Only one stretch of the data is wanted: the line containing "(arith, length-append xs (map", the line containing "-- after bucket;", and every line between them, copied exactly.
---------- Recorded information
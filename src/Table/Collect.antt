-- ===== src/Table/Collect.antt =====
-- `table_new`, `table_length`, `table_to_array` and `table_map` of src/table.c.
use myclib.Prelude.{
  ℕ, zero, suc, ◌+◌, ◌*◌, ◌^◌, ◌≤◌, ◌<◌, ◌≡◌, ◌⊎◌, refl, inl, inr, Bool-cases, Bool, some, List, [],
  ◌∷◌, ◌++◌, arith, length, All, map, append-nil, append_assoc, length-append, ◌>>=◌, ltb,
}
use myclib.Arr.{Arr, arr_new, arr_push}
use myclib.Arr.Contents.{Holds, arr_new-Holds}
use myclib.Arr.Push.{arr_push-room}
use myclib.Table.{
  Ptr, null, Entry, Chain, Table, int_max, primes, entry_find, bucket_count, table_new,
  table_length, put_value, push_chain, push_loop, table_to_array,
}
use myclib.Table.View.{count, total, view, IsValid}

count_empty : (n i : ℕ) → count (λ j. []) n i ≡ 0
unfolding count
count_empty zero i = refl
count_empty (suc n) i = omega (arith, count_empty n (i + 1))

-- the list goes up from `previous`, to at least `hint`
abbrev Rises : ℕ → ℕ → List ℕ → Type 0
Rises hint previous [] = hint ≤ previous
Rises hint previous (p ∷ ps) = (previous ≤ p) × Rises hint p ps

abbrev Chosen : ℕ → ℕ → List ℕ → Type 0
Chosen hint n ps = All (λ p. (p ≤ n) ⊎ (hint ≤ p)) ps

all_beyond : (hint n p : ℕ) (ps : List ℕ) → hint ≤ p → Rises hint p ps → Chosen hint n ps
all_beyond hint n p [] h r = tt
all_beyond hint n p (q ∷ ps) h r = (inr (omega arith), all_beyond hint n q ps (omega arith) r.1)

bucket_count_lem :
    (hint previous p : ℕ) (ps : List ℕ)
    → previous ≤ p
    → Rises hint p ps
    → (n : ℕ) × (bucket_count previous (p ∷ ps) hint ≡ some n)
      × ((n < hint) ⊎ (n ≡ previous))
      × (previous ≤ n)
      × Chosen hint n (p ∷ ps)
unfolding bucket_count
bucket_count_lem hint previous p [] le r =
    (previous, ground arith, inr refl, omega arith, (inr r, tt))
bucket_count_lem hint previous p (q ∷ ps) le r = elim (Bool-cases (ltb p hint)) [
  | inl more ↦
      let (n, run, below, up, chosen) = bucket_count_lem hint p q ps r.0 r.1 in
      (n, rw more run, ground arith, omega arith, (inl up, chosen))
  | inr done ↦
      let beyond : hint ≤ p = ground arith in
      (
        previous,
        rw done,
        inr refl,
        omega arith,
        (inr beyond, all_beyond hint previous p (q ∷ ps) beyond r),
      )
]

-- `table_new` at a hint that is an `int` makes a valid table with no entry. Its number of buckets is
-- the largest number of the list that is below the hint, and 1 where there is none.
pub table_new_lem :
    (same : Ptr → Ptr → Bool) (hash : Ptr → ℕ) (hint : ℕ)
    → hint ≤ int_max
    → (tb : Table) × (table_new hint ≡ some tb)
      × IsValid same hash tb
      × ((q : Ptr) → view same hash tb q ≡ null)
      × (total tb ≡ 0)
      × ((tb.size < hint) ⊎ (tb.size ≡ 1))
      × All (λ p. (p ≤ tb.size) ⊎ (hint ≤ p)) primes
unfolding table_new entry_find
table_new_lem same hash hint h =
    let (n, run, below, up, chosen) =
      bucket_count_lem hint 1 3
        (11 ∷ 509 ∷ 1021 ∷ 2053 ∷ 4093 ∷ 8191 ∷ 16381 ∷ 32771 ∷ 65521 ∷ int_max ∷ []) (omega arith)
        (omega arith) in
    (
      record { size = n; length = 0; buckets = λ i. [] },
      rw (run, ◌>>=◌) refl,
      record {
        sized = up;
        placed = λ i. tt;
        distinct = λ i. tt;
        counted = omega (arith, count_empty n 0);
      },
      λ q. refl,
      count_empty n 0,
      below,
      (inl up, chosen),
    )

-- `table_length` is the number of entries, as long as an `int` can hold it.
pub table_length-total :
    (same : Ptr → Ptr → Bool) (hash : Ptr → ℕ) {tb : Table}
    → IsValid same hash tb
    → total tb ≤ int_max
    → table_length tb ≡ total tb
unfolding table_length
table_length-total same hash valid h = omega (arith, valid.counted)

-- the values of the entries in `n` buckets from `i` on, bucket after bucket, each chain from its head
unfoldable pub values : (ℕ → Chain) → ℕ → ℕ → List Ptr
values buckets zero i = []
values buckets (suc n) i = map (λ e. e.value) (buckets i) ++ values buckets n (i + 1)

push_value-Holds :
    {a : Arr Ptr} {xs : List Ptr} (granted : Bool) (v : Ptr)
    → Holds a xs
    → a.nelts < a.nalloc
    → (a' : Arr Ptr) × ((arr_push granted a >>= put_value v) ≡ some a')
      × Holds a' (xs ++ v ∷ [])
      × (a'.nalloc ≡ a.nalloc)
unfolding put_value
push_value-Holds granted v h lt =
    let (p, m, run, inside, held, same) = arr_push-room granted v h lt in
    (_, rw (run, ◌>>=◌) (ground arith), held, same)

push_chain-Holds :
    (granted : Bool) (c : Chain) {a : Arr Ptr} {xs : List Ptr}
    → Holds a xs
    → length xs + length c ≤ a.nalloc
    → (a' : Arr Ptr) × (push_chain granted c a ≡ some a')
      × Holds a' (xs ++ map (λ e. e.value) c)
      × (a'.nalloc ≡ a.nalloc)
unfolding push_chain
push_chain-Holds granted [] {a} {xs} h room = (a, refl, rw append-nil h, refl)
push_chain-Holds granted (e ∷ c) {a} {xs} h room =
    let (m, run, held, same) = push_value-Holds granted e.value h (omega (arith, h.count)) in
    let (a', run', held', same') =
      push_chain-Holds granted c held (omega (arith, length-append xs (e.value ∷ []))) in
    (a', rw (run, ◌>>=◌) run', rw append_assoc at held', omega arith)

push_loop-Holds :
    (granted : Bool) (n i : ℕ) (buckets : ℕ → Chain) {a : Arr Ptr} {xs : List Ptr}
    → Holds a xs
    → length xs + count buckets n i ≤ a.nalloc
    → (a' : Arr Ptr) × (push_loop granted n i buckets a ≡ some a')
      × Holds a' (xs ++ values buckets n i)
unfolding push_loop count values
push_loop-Holds granted zero i buckets {a} h room = (a, refl, rw append-nil h)
push_loop-Holds granted (suc n) i buckets {a} {xs} h room =
    let (m, run, held, same) = push_chain-Holds granted (buckets i) h (omega arith) in
    let (a', run', held') = push_loop-Holds granted n (i + 1) buckets held (
      omega
        (arith, length-append xs (map (λ e. e.value) (buckets i)), length-values (buckets i))) in
    (a', rw (run, ◌>>=◌) run', rw append_assoc at held')
  where
    length-values : (c : Chain) → length (map (λ (e : Entry). e.value) c) ≡ length c
    length-values [] = refl
    length-values (e ∷ c) = omega (arith, length-values c)

-- `table_to_array` succeeds, and the array that it returns holds the values of all entries, bucket
-- after bucket; it allocates only once, so that a later failure of `malloc` does not matter. The
-- bytes of the array must fit an `unsigned int`.
pub table_to_array-values :
    (same : Ptr → Ptr → Bool) (hash : Ptr → ℕ) (granted : Bool) {tb : Table}
    → IsValid same hash tb
    → total tb * 8 < 2 ^ 32
    → (a : Arr Ptr) × (table_to_array granted tb ≡ some a) × Holds a (values tb.buckets tb.size 0)
unfolding table_to_array
table_to_array-values same hash granted {tb} valid small =
    let size : tb.length ≡ total tb = omega (arith, valid.counted) in
    push_loop-Holds granted tb.size 0 tb.buckets
      (arr_new-Holds tb.length 8 (omega arith) (omega arith)) (unfold arr_new in omega arith)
--------------------
Answer for this exercise
        (arith, length-append xs (map (λ e. e.value) (buckets i)), length-values (buckets i))) in
    (a', rw (run, ◌>>=◌) run', rw append_assoc at held')
  where
    length-values : (c : Chain) → length (map (λ (e : Entry). e.value) c) ≡ length c
    length-values [] = refl
    length-values (e ∷ c) = omega (arith, length-values c)

-- `table_to_array` succeeds, and the array that it returns holds the values of all entries, bucket
-- after bucket; it allocates only once, so that a later failure of `malloc` does not matter. The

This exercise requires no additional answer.